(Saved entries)
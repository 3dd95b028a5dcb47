-- ===== src/Processes/Watch.antt =====
-- What a round of `TimeoutWatcher` makes of the processes (fuzzer/fuzzer/commander.cpp).
use fuzzer_goal_directed.Prelude.{
  ℕ, ◌≡◌, refl, sym, ap, ◌∙◌, Bool, true, false, ◌||◌, Option, none, some, List, [], ◌∷◌, arith,
  ltb, ◌==◌, if◌then◌else◌, Option-cases, Bool-cases, inl, inr, ==_iff,
}
use fuzzer_goal_directed.OrderedMap.{lookup}
use fuzzer_goal_directed.Memory.{contains}
use fuzzer_goal_directed.Processes.{
  ProcessStatus, running, terminated, unknown, timedout, is_running, ProcessStatuses, Waited,
  interrupted, refused, nothing, changed, get_pid_status, update, watch_one, watch_each, watch,
  get_terminated_processes,
}
use fuzzer_goal_directed.Processes.Laws.{Entry, entry, IsTable, is_some, Entry-if, entry-update}
use fuzzer_goal_directed.Processes.Collect.{
  if_ended, listed, update-IsTable, get_terminated_processes_lem, contains-cons, contains-nil,
}

abbrev pub revised : Option ProcessStatus → Option ProcessStatus → Option ProcessStatus
revised found none = none
revised none (some old) = some old
revised (some new) (some old) = some new

-- The status that an answer of `waitpid` shows, if it shows that the process is not running.
abbrev pub answered : Waited → Option ProcessStatus
answered (interrupted w) = answered w
answered refused = none
answered nothing = none
answered (changed true) = some terminated
answered (changed false) = some unknown

abbrev pub or_else : Option ProcessStatus → Option ProcessStatus → Option ProcessStatus
or_else none other = other
or_else (some status) other = some status

-- Whether an answer shows a status, and what the code makes of it.
data Seen (w : Waited) : Type 0 where
  still : answered w ≡ none → get_pid_status w ≡ running → Seen w
  over :
      (st : ProcessStatus)
      → answered w ≡ some st
      → get_pid_status w ≡ st
      → is_running st ≡ false
      → Seen w

seen : (w : Waited) → Seen w
unfolding get_pid_status
seen (interrupted w) = elim (seen w) [ still a g ↦ still a g | over st a g n ↦ over st a g n ]
seen refused = still refl refl
seen nothing = still refl refl
seen (changed true) = over terminated refl refl refl
seen (changed false) = over unknown refl refl refl

module _ (elapsed : ℕ → ℕ) (waitpid : ℕ → Waited) where
  -- What is found of a process with a timer: what `waitpid` says, if it is not running; else that it
  -- is late, if its timer is past the limit; else nothing.
  abbrev pub late : ℕ → Option ℕ → Option ProcessStatus
  late limit none = none
  late limit (some t) = if ltb limit (elapsed t) then some timedout else none

  abbrev pub finding : ℕ → ℕ → Option ℕ → Option ProcessStatus
  finding limit q timer = or_else (answered (waitpid q)) (late limit timer)

  abbrev pub judged : ℕ → ℕ → Entry → Entry
  judged limit q e = record e { status = revised (finding limit q e.timer) e.status }

  abbrev updated : ProcessStatuses → ℕ → Option ProcessStatus → ProcessStatuses
  updated s p none = s
  updated s p (some status) = update s p status

  watch_one_updated :
      (w : ProcessStatuses × List ℕ) (p : ℕ)
      → (watch_one elapsed waitpid w p).0
        ≡ updated w.0 p (finding w.0.process_timeout_nanoseconds p (lookup p w.0.pid_timers))
  unfolding watch_one
  watch_one_updated w p = elim (seen (waitpid p)) [
    | still a g ↦ elim (Option-cases (lookup p w.0.pid_timers)) [
      | inl e ↦ rw (watch_one, a, g, e) refl
      | inr (t, e) ↦ elim (Bool-cases (ltb w.0.process_timeout_nanoseconds (elapsed t))) [
        | inl l ↦ rw (watch_one, a, g, e, l) refl
        | inr l ↦ rw (watch_one, a, g, e, l) refl
      ]
    ]
    | over st a g n ↦ rw (watch_one, a, g, n) refl
  ]

  entry-updated :
      (s : ProcessStatuses) (p q : ℕ) (found : Option ProcessStatus)
      → entry (updated s p found) q ≡ (
          if p == q
          then record (entry s q) { status = revised found (lookup q s.pid_statuses) }
          else entry s q)
  entry-updated s p q none = Entry-if (p == q) (λ k. ground arith) (λ k. ground arith)
  entry-updated s p q (some status) =
      entry-update s p q status
      ∙ Entry-if (p == q) (λ k. ground (arith, k)) (λ k. ground (arith, k))

  updated_limit :
      (s : ProcessStatuses) (p : ℕ) (found : Option ProcessStatus)
      → (updated s p found).process_timeout_nanoseconds ≡ s.process_timeout_nanoseconds
  unfolding update
  updated_limit s p none = refl
  updated_limit s p (some status) = ground arith

  updated-IsTable :
      (s : ProcessStatuses) (p : ℕ) (found : Option ProcessStatus)
      → IsTable s
      → IsTable (updated s p found)
  updated-IsTable s p none t = t
  updated-IsTable s p (some status) t = update-IsTable s p status t

  judged_twice : (limit q : ℕ) (e : Entry) → judged limit q (judged limit q e) ≡ judged limit q e
  judged_twice limit q e = ap (λ st. record e { status = st }) (ground arith)

  entry-watch_one :
      (w : ProcessStatuses × List ℕ) (p q : ℕ)
      → entry (watch_one elapsed waitpid w p).0 q
        ≡ (if p == q then judged w.0.process_timeout_nanoseconds q (entry w.0 q) else entry w.0 q)
  entry-watch_one w p q =
      let limit = w.0.process_timeout_nanoseconds in
      ap (λ s. entry s q) (watch_one_updated w p)
      ∙ entry-updated w.0 p q (finding limit p (lookup p w.0.pid_timers))
      ∙ elim (Bool-cases (p == q)) [
        | inl k ↦ rw k (
            ap
              (λ i. record (entry w.0 q) {
                status =
                    revised (finding limit i (lookup i w.0.pid_timers)) (lookup q w.0.pid_statuses);
              })
              ((==_iff p q).0 k))
        | inr k ↦ rw k refl
      ]

  judged_if :
      (limit q : ℕ) (e e' : Entry) (d d' b : Bool)
      → e' ≡ (if d then judged limit q e else e)
      → d ≡ d'
      → (if b then judged limit q e' else e') ≡ (if d' || b then judged limit q e else e)
  judged_if limit q e e' true d' true h k =
      rw (sym k) (ap (judged limit q) h ∙ judged_twice limit q e)
  judged_if limit q e e' true d' false h k = rw (sym k) h
  judged_if limit q e e' false d' true h k = rw (sym k) (ap (judged limit q) h)
  judged_if limit q e e' false d' false h k = rw (sym k) h

  entry-watch_each :
      (w : ProcessStatuses × List ℕ) (ps : List ℕ) (q limit : ℕ)
      → w.0.process_timeout_nanoseconds ≡ limit
      → entry (watch_each elapsed waitpid w ps).0 q
        ≡ (if contains q ps then judged limit q (entry w.0 q) else entry w.0 q)
  unfolding watch_each
  entry-watch_each w [] q limit h = rw (contains-nil q) refl
  entry-watch_each w (p ∷ ps) q limit h =
      let w' = watch_one elapsed waitpid w p in
      entry-watch_each w' ps q limit (
        ap (λ x. x.process_timeout_nanoseconds) (watch_one_updated w p) ∙ updated_limit w.0 p _ ∙ h)
      ∙ judged_if limit q (entry w.0 q) (entry w'.0 q) (p == q) (q == p) (contains q ps)
          (entry-watch_one w p q
            ∙ ap (λ l. if p == q then judged l q (entry w.0 q) else entry w.0 q) h)
          (ground arith)
      ∙ ap (λ b. if b then judged limit q (entry w.0 q) else entry w.0 q)
          (sym (contains-cons q p ps))

  watch_each-IsTable :
      (w : ProcessStatuses × List ℕ) (ps : List ℕ)
      → IsTable w.0
      → IsTable (watch_each elapsed waitpid w ps).0
  unfolding watch_each
  watch_each-IsTable w [] t = t
  watch_each-IsTable w (p ∷ ps) t =
      watch_each-IsTable (watch_one elapsed waitpid w p) ps
        (rw (watch_one_updated w p) (updated-IsTable w.0 p _ t))

  judged_listed :
      (limit q : ℕ) (e : Entry)
      → e.listed ≡ is_some e.status
      → (if e.listed then judged limit q e else e) ≡ judged limit q e
  judged_listed limit q e h = elim (Option-cases e.status) [
    | inl k ↦ rw (h, k) refl
    | inr (st, k) ↦ rw (h, k) refl
  ]

  module _ (s : ProcessStatuses) (t : IsTable s) where
    -- A round of the watcher gives every process of coherent tables the status that `waitpid` or its
    -- timer shows, and changes nothing else.
    pub entry-watch :
        (q : ℕ)
        → entry (watch elapsed waitpid s).0 q ≡ judged s.process_timeout_nanoseconds q (entry s q)
    unfolding watch
    entry-watch q =
        entry-watch_each (s, []) s.all_pids q s.process_timeout_nanoseconds refl
        ∙ judged_listed s.process_timeout_nanoseconds q (entry s q) (listed (t q))

    pub watch-IsTable : IsTable (watch elapsed waitpid s).0
    unfolding watch
    watch-IsTable = watch_each-IsTable (s, []) s.all_pids t

    -- In coherent tables, after a round of the watcher, `get_terminated_processes` reports exactly the
    -- processes that `waitpid` says have changed, that are past their time, or that were no longer
    -- running before. A process that has changed is reported as terminated if it exited or was
    -- signaled, and as unknown if not; of the others, one past its time is reported as timed out, and
    -- the rest with the status they had.
    pub get_terminated_processes-watch :
        (q : ℕ)
        → lookup q (get_terminated_processes (watch elapsed waitpid s).0).0
          ≡ if_ended (
              revised
                (finding s.process_timeout_nanoseconds q (lookup q s.pid_timers))
                (lookup q s.pid_statuses))
    get_terminated_processes-watch q =
        ((get_terminated_processes_lem (watch elapsed waitpid s).0 watch-IsTable).0 q).reported
        ∙ ap (λ e. if_ended e.status) (entry-watch q)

**EXERCISE BRIEF**
What you return should be exactly the lines above, starting at the one with "entry-update s p q status" and ending at the one with "(if d then judged", and nothing else.

**WRITTEN ANSWER**
      entry-update s p q status
      ∙ Entry-if (p == q) (λ k. ground (arith, k)) (λ k. ground (arith, k))

  updated_limit :
      (s : ProcessStatuses) (p : ℕ) (found : Option ProcessStatus)
      → (updated s p found).process_timeout_nanoseconds ≡ s.process_timeout_nanoseconds
  unfolding update
  updated_limit s p none = refl
  updated_limit s p (some status) = ground arith

  updated-IsTable :
      (s : ProcessStatuses) (p : ℕ) (found : Option ProcessStatus)
      → IsTable s
      → IsTable (updated s p found)
  updated-IsTable s p none t = t
  updated-IsTable s p (some status) t = update-IsTable s p status t

  judged_twice : (limit q : ℕ) (e : Entry) → judged limit q (judged limit q e) ≡ judged limit q e
  judged_twice limit q e = ap (λ st. record e { status = st }) (ground arith)

  entry-watch_one :
      (w : ProcessStatuses × List ℕ) (p q : ℕ)
      → entry (watch_one elapsed waitpid w p).0 q
        ≡ (if p == q then judged w.0.process_timeout_nanoseconds q (entry w.0 q) else entry w.0 q)
  entry-watch_one w p q =
      let limit = w.0.process_timeout_nanoseconds in
      ap (λ s. entry s q) (watch_one_updated w p)
      ∙ entry-updated w.0 p q (finding limit p (lookup p w.0.pid_timers))
      ∙ elim (Bool-cases (p == q)) [
        | inl k ↦ rw k (
            ap
              (λ i. record (entry w.0 q) {
                status =
                    revised (finding limit i (lookup i w.0.pid_timers)) (lookup q w.0.pid_statuses);
              })
              ((==_iff p q).0 k))
        | inr k ↦ rw k refl
      ]

  judged_if :
      (limit q : ℕ) (e e' : Entry) (d d' b : Bool)
      → e' ≡ (if d then judged limit q e else e)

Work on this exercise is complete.